The most common symptoms that require immediate care by a medical professional are vaginal bleeding and abdominal cramping. The doctor will then perform an ultrasound to discover the errant egg. When caught early, there is a medication that can be given to prevent the egg from growing further and allow the patient to avoid surgery.
If not caught early, an ectopic pregnancy can create life-threatening dangers for the patient. A ruptured fallopian tube will cause excessive internal bleeding. Surgery is the only way to fix the rupture, and often the woman will lose her fallopian tube as a result.
Occasionally, an ectopic pregnancy will develop on an ovary, and surgery may be required. While a previous ectopic pregnancy does increase your risk for a second one, the good news is the loss of an ovary or a fallopian tube will not reduce overall fertility rates, according to Cackovic.
How can you prevent an ectopic pregnancy?
While you can't prevent an ectopic pregnancy, you can reduce your risks. The greatest risk factors are smoking and sexually transmitted infections (STIs). Some ectopic pregnancies are caused by scar tissue from previous surgeries, including an appendectomy.
Any sexually active woman should schedule an annual checkup with a gynecologist and get tested for sexually transmitted infections. Diseases like gonorrhea and chlamydia can spread to the uterus and cause scarring. They can also develop into a painful condition called pelvic inflammatory disease (PID). These common infections are easily treated—and the sooner, the better. (The woman's sexual partner(s) must also be treated for the infection.)
"In some states, a gynecologist can't prescribe medication for men, so doctors have to trust that the partners of their patients will also get treated," Cackovic said. "This can sometimes create difficulties for care. And sometimes women are uncomfortable telling their partner about the infection."
Cackovic recommends women use condoms to prevent STIs as well as pregnancy. For women in a monogamous relationship, condoms are unnecessary, as long as both partners have been checked for STIs.
Precautions before pregnancy
If you've had a previous ectopic pregnancy, PID or other surgery in the abdomen, Busick recommends contacting your gynecologist for an exam if you're considering pregnancy. An imaging test can be conducted to check the health of the fallopian tubes.
"I encourage all of my patients to start prenatal vitamins before becoming pregnant, too" Busick said.
Take care of as many risk factors as you can. Quit smoking and get checked and treated for any infections. Eat healthy foods, start prenatal vitamins, get appropriate rest and drink plenty of water. If you drink alcohol, Busick recommends cutting back to just a drink or two per week, or limit it to special occasions. You'll feel healthier overall.
Be aware, but try not to stress
Ectopic pregnancies are rare—fewer than 5 percent of all pregnancies. If you're pregnant or trying to get pregnant, try not to worry about everything that might possibly go wrong. Talk with your doctor about any risk factors that concern you and pay attention to your body during the early weeks of pregnancy.

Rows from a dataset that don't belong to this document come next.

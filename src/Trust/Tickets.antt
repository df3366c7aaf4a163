-- ===== src/Trust/Tickets.antt =====
-- Connection tickets: issuePairingTicket, issueConnectionTicket, verifyTicket and
-- consumeRouteTicket of src/rendezvous/trust-store.ts, and the clock checks of
-- verifyConnectionTicket in src/shared/node-trust-crypto.ts.
use pipane.Base.{
  ℕ, ◌+◌, not, Option, none, some, Result, ok, err, ◌>>=◌, ◌>>◌, throw_if, ltb, leb, same, is_some,
  if◌then◌else◌,
}
use pipane.Base.Dict.{get, put}
use pipane.Trust.Types.{
  Error, backend_not_authorized, ticket_expired, ticket_from_future, ticket_used, pair, connect,
  Device, Challenge, pairing, connection, Claims, State, Store, Crypto,
}
use pipane.Trust.Challenges.{consume_challenge, require_active_device, prune, persist}

-- An index by an optional string: an absent one is converted to the string "undefined", whose
-- number is 1 here.
abbrev pub key_of : Option ℕ → ℕ
key_of none = 1
key_of (some s) = s

abbrev pub account_of : Option Device → Option ℕ
account_of none = none
account_of (some d) = some d.account_id

pairing_claims : ℕ → ℕ → ℕ → State → Challenge → Claims
pairing_claims now ttl id state c = record {
  kind = pairing;
  ticket_id = id;
  backend_id = key_of c.backend_id;
  connection_id = key_of c.connection_id;
  device_id = c.device_id;
  device_public_key = c.device_public_key;
  account_id = account_of (get c.device_id state.devices);
  pair_id = c.pair_id;
  issued_at = now;
  expires_at = now + ttl;
}

connection_claims : ℕ → ℕ → ℕ → Challenge → Device → Claims
connection_claims now ttl id c d = record {
  kind = connection;
  ticket_id = id;
  backend_id = key_of c.backend_id;
  connection_id = key_of c.connection_id;
  device_id = d.device_id;
  device_public_key = d.public_key;
  account_id = some d.account_id;
  pair_id = none;
  issued_at = now;
  expires_at = now + ttl;
}

-- The checks of verifyConnectionTicket that read the clock.
unfoldable pub check_ticket_time : ℕ → Claims → Result Error Claims
check_ticket_time now claims = do
  throw_if (leb claims.expires_at now) ticket_expired
  throw_if (ltb (now + 30000) claims.issued_at) ticket_from_future
  ok claims

module _ (crypto : Crypto) where
  -- issuePairingTicket; `id` is the random ticket id.
  unfoldable pub issue_pairing_ticket : ℕ → ℕ → ℕ → ℕ → Store → Result Error (ℕ × Claims) × Store
  unfolding pairing_claims
  issue_pairing_ticket now id challenge_id signature s =
      let (checked, s') = consume_challenge crypto now challenge_id signature pair s in
      elim checked [
        | err e ↦ (err e, s')
        | ok c ↦
            let claims = pairing_claims now s'.ticket_ttl id s'.state c in
            (ok (crypto.sign_ticket claims, claims), s')
      ]

  -- What issueConnectionTicket does with a challenge that has passed its checks.
  unfoldable pub connection_ticket : ℕ → ℕ → ℕ → State → Challenge → Result Error (ℕ × Claims)
  unfolding connection_claims
  connection_ticket now ttl id state c = do
    device ← require_active_device state c.device_id
    throw_if (not (same (get (key_of c.backend_id) state.backend_owners) (some device.account_id)))
        backend_not_authorized
    ok (
      crypto.sign_ticket (connection_claims now ttl id c device),
      connection_claims now ttl id c device,
    )

  -- issueConnectionTicket
  unfoldable pub issue_connection_ticket : ℕ → ℕ → ℕ → ℕ → Store → Result Error (ℕ × Claims) × Store
  issue_connection_ticket now id challenge_id signature s =
      let (checked, s') = consume_challenge crypto now challenge_id signature connect s in
      (checked >>= connection_ticket now s'.ticket_ttl id s'.state, s')

  -- verifyTicket, verifyConnectionTicket
  unfoldable pub verify_ticket : ℕ → ℕ → Result Error Claims
  verify_ticket now ticket = crypto.open_ticket ticket >>= check_ticket_time now

  -- consumeRouteTicket after the verification.
  unfoldable pub spend_ticket : ℕ → Claims → Store → Result Error Claims × Store
  spend_ticket now claims s =
      let kept = prune now s in
      if is_some (get claims.ticket_id kept.state.used_tickets) then (err ticket_used, kept) else (
        ok claims,
        persist (record kept {
          state = record (kept.state) {
            used_tickets = put claims.ticket_id claims.expires_at kept.state.used_tickets;
          };
        }),
      )

  -- consumeRouteTicket
  unfoldable pub consume_route_ticket : ℕ → ℕ → Store → Result Error Claims × Store
  consume_route_ticket now ticket s = elim (verify_ticket now ticket) [
    | err e ↦ (err e, s)
    | ok claims ↦ spend_ticket now claims s
  ]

Be aware of the symptoms that are serious: abdominal cramping and vaginal bleeding. These could be signs of an ectopic pregnancy, but they may be signs of other conditions as well. If you experience these symptoms, contact your doctor's office right away.
If something does go wrong, know you're not the only one to experience difficulties during pregnancy. Find resources to help you work through your situation. Many women experience pregnancy loss, and your doctor can recommend professional counselors and support groups to help you process unexpected experiences and emotions.